# SOURCE MATERIAL
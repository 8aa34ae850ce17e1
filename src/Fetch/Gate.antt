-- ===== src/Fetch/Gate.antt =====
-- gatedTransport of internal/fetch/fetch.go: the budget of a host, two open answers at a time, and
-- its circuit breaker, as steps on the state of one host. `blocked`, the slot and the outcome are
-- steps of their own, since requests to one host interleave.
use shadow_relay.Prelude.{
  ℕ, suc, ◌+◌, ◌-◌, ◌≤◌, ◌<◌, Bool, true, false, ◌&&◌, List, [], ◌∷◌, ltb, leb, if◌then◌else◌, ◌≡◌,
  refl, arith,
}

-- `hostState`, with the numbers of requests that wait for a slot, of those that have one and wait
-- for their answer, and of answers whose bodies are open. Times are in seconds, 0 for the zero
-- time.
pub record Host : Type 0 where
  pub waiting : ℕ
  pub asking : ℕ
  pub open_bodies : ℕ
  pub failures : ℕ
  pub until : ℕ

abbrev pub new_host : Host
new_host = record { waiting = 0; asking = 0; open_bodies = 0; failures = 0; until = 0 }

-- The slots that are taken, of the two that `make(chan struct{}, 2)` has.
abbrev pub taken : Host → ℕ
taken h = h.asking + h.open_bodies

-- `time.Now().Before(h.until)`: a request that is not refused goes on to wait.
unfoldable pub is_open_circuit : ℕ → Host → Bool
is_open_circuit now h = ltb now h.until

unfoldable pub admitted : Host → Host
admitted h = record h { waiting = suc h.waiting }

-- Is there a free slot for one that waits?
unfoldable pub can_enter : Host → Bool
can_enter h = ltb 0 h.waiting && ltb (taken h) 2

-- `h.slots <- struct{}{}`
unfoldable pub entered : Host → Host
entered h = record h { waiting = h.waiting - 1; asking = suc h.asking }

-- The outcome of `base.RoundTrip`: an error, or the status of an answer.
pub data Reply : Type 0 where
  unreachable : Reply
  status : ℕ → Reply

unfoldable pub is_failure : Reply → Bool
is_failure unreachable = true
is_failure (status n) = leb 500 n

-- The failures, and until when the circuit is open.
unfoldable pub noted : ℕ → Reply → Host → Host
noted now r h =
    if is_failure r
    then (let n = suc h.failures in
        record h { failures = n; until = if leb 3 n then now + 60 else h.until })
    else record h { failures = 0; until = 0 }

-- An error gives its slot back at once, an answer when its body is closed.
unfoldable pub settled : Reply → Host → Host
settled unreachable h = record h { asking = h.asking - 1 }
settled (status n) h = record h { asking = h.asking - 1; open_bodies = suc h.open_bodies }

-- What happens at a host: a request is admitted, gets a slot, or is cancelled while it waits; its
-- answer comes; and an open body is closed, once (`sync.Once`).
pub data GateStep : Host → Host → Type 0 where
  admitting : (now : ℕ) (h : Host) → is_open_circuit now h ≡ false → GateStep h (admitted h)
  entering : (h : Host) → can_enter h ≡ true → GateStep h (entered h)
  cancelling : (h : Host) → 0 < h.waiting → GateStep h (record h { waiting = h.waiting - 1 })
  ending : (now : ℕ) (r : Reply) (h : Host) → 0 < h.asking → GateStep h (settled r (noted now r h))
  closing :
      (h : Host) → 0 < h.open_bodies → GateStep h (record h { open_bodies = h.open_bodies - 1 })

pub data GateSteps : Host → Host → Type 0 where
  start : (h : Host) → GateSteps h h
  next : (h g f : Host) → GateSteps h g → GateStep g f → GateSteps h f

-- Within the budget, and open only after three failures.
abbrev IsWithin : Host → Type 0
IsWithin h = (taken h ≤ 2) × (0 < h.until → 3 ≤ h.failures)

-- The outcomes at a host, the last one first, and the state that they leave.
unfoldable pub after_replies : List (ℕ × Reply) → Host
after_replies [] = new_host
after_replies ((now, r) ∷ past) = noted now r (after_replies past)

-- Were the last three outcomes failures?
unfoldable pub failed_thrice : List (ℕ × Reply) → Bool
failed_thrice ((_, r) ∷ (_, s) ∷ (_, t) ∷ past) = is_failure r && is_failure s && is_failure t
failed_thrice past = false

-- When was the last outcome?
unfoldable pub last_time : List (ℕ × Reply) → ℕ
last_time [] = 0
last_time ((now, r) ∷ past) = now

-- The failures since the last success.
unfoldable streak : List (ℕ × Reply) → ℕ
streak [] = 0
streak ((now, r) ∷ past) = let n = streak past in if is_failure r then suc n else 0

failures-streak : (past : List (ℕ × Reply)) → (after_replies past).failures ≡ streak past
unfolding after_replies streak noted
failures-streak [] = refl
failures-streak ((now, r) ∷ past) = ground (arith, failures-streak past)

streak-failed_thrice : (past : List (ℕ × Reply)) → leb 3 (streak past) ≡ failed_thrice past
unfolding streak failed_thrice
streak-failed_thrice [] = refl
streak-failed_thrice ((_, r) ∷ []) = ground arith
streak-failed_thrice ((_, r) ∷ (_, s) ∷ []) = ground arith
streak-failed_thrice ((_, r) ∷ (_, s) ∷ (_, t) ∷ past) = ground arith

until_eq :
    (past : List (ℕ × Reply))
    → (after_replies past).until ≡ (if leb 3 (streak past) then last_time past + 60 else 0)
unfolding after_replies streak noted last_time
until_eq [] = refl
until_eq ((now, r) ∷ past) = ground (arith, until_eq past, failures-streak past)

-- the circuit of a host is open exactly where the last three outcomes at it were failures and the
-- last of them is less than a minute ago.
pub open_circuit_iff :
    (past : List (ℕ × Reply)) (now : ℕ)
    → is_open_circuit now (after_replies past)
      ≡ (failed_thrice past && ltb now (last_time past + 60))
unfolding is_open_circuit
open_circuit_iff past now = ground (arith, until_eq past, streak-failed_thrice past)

* * *

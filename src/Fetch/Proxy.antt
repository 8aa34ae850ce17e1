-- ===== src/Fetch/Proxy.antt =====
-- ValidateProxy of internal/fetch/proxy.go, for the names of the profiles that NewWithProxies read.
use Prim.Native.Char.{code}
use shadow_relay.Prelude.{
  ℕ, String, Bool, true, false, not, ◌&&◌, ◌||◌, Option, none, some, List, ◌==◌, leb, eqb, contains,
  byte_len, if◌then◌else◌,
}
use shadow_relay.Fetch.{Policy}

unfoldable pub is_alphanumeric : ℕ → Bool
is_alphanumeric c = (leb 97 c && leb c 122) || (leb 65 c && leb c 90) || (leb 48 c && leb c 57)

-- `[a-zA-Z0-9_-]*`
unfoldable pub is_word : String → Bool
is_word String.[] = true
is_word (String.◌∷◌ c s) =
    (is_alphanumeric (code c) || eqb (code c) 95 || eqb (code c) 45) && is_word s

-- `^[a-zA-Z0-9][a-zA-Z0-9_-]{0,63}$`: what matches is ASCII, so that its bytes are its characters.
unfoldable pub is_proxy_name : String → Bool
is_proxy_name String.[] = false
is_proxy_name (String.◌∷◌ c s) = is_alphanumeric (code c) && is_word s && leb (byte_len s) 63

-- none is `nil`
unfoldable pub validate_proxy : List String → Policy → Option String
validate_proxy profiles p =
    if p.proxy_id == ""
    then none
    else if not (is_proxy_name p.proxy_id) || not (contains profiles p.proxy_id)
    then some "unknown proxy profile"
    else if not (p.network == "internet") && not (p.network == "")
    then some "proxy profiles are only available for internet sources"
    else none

# WORK INSTRUCTIONS
Every line above from the line with "unfoldable pub settled : Reply → Host → Host" to the line with "unfoldable pub after_replies", both included, must be reproduced exactly, and no other line may appear.

# ANSWER BELOW
unfoldable pub settled : Reply → Host → Host
settled unreachable h = record h { asking = h.asking - 1 }
settled (status n) h = record h { asking = h.asking - 1; open_bodies = suc h.open_bodies }

-- What happens at a host: a request is admitted, gets a slot, or is cancelled while it waits; its
-- answer comes; and an open body is closed, once (`sync.Once`).
pub data GateStep : Host → Host → Type 0 where
  admitting : (now : ℕ) (h : Host) → is_open_circuit now h ≡ false → GateStep h (admitted h)
  entering : (h : Host) → can_enter h ≡ true → GateStep h (entered h)
  cancelling : (h : Host) → 0 < h.waiting → GateStep h (record h { waiting = h.waiting - 1 })
  ending : (now : ℕ) (r : Reply) (h : Host) → 0 < h.asking → GateStep h (settled r (noted now r h))
  closing :
      (h : Host) → 0 < h.open_bodies → GateStep h (record h { open_bodies = h.open_bodies - 1 })

pub data GateSteps : Host → Host → Type 0 where
  start : (h : Host) → GateSteps h h
  next : (h g f : Host) → GateSteps h g → GateStep g f → GateSteps h f

-- Within the budget, and open only after three failures.
abbrev IsWithin : Host → Type 0
IsWithin h = (taken h ≤ 2) × (0 < h.until → 3 ≤ h.failures)

-- The outcomes at a host, the last one first, and the state that they leave.
unfoldable pub after_replies : List (ℕ × Reply) → Host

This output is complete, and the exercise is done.